■ YOUR GOAL
Please give the number of lines in the entries below that hold "path", with no other words.

■ DATA TO PROCESS

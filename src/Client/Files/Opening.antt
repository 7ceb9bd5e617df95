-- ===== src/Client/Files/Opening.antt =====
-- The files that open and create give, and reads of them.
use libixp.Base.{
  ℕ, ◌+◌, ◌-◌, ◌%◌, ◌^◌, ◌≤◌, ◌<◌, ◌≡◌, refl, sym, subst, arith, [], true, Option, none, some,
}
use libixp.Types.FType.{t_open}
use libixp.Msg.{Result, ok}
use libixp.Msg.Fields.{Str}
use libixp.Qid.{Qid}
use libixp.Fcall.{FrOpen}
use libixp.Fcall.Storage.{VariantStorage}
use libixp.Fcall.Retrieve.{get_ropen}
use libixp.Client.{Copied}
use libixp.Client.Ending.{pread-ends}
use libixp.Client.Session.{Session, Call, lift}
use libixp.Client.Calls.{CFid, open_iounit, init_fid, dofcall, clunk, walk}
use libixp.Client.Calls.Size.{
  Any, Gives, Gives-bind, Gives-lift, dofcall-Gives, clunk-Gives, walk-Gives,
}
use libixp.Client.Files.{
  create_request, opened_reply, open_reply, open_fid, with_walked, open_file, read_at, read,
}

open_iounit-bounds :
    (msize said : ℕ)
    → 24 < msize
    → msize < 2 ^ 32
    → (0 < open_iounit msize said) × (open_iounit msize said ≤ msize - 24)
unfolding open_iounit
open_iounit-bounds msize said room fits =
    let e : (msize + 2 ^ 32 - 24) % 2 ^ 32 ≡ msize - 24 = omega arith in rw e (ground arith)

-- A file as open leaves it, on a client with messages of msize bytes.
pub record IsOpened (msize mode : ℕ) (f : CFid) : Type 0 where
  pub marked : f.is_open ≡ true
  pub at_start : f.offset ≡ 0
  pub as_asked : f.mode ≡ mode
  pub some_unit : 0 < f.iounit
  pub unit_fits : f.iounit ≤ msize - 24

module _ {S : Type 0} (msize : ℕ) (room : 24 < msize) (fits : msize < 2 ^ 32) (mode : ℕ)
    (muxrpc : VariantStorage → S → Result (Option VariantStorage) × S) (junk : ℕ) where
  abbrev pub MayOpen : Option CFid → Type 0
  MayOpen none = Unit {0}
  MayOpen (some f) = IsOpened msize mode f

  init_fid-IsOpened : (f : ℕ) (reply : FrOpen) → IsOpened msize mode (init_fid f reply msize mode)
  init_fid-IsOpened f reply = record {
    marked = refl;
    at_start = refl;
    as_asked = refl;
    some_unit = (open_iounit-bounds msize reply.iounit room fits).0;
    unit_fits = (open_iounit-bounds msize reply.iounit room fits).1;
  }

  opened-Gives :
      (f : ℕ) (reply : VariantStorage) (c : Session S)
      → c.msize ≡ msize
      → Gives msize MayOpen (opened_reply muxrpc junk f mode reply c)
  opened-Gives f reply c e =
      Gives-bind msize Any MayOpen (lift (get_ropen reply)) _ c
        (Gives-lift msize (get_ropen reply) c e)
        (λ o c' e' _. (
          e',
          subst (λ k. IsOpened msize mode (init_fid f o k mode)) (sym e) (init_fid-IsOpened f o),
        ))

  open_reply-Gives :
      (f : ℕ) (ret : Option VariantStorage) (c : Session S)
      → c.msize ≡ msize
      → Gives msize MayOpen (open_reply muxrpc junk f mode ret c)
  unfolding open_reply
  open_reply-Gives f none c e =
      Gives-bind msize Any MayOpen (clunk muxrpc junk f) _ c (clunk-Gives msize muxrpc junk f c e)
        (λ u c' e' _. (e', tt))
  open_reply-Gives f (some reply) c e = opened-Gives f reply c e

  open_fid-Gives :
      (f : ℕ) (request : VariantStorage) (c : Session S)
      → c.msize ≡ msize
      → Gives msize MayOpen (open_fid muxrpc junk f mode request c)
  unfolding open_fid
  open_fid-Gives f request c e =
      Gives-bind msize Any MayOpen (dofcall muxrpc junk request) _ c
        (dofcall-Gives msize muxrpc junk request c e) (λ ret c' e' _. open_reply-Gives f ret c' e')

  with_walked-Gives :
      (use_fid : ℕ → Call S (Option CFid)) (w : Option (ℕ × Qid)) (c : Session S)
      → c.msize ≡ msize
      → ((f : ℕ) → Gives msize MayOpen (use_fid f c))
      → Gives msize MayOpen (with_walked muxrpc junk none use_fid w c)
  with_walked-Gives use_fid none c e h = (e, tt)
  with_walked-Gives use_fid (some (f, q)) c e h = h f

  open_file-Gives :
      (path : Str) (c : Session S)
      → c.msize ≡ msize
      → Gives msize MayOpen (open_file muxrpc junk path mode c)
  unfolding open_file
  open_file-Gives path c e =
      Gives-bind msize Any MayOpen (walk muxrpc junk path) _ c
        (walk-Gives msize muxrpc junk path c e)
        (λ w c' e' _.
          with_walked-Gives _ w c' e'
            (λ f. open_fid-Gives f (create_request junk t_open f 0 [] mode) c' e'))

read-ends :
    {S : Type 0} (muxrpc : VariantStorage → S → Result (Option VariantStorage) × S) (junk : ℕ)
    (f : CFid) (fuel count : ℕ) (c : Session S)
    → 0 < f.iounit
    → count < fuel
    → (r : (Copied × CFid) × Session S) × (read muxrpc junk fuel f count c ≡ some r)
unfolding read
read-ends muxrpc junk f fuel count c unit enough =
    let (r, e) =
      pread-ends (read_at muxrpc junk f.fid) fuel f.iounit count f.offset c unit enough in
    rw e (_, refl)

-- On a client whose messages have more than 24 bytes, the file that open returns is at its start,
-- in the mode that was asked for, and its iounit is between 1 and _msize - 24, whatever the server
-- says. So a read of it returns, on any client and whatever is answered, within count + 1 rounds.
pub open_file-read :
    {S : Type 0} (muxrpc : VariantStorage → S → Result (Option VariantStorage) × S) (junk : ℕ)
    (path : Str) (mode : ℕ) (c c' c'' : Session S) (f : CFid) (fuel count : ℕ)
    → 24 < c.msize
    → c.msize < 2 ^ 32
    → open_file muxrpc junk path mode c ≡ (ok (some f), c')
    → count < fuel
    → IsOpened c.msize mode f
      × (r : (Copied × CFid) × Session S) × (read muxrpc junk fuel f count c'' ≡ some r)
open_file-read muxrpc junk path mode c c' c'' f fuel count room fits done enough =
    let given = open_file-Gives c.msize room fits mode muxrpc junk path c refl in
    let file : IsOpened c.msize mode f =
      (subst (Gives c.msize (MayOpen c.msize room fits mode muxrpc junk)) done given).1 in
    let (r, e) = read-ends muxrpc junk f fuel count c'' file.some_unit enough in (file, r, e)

■ SOLVED PROBLEM
9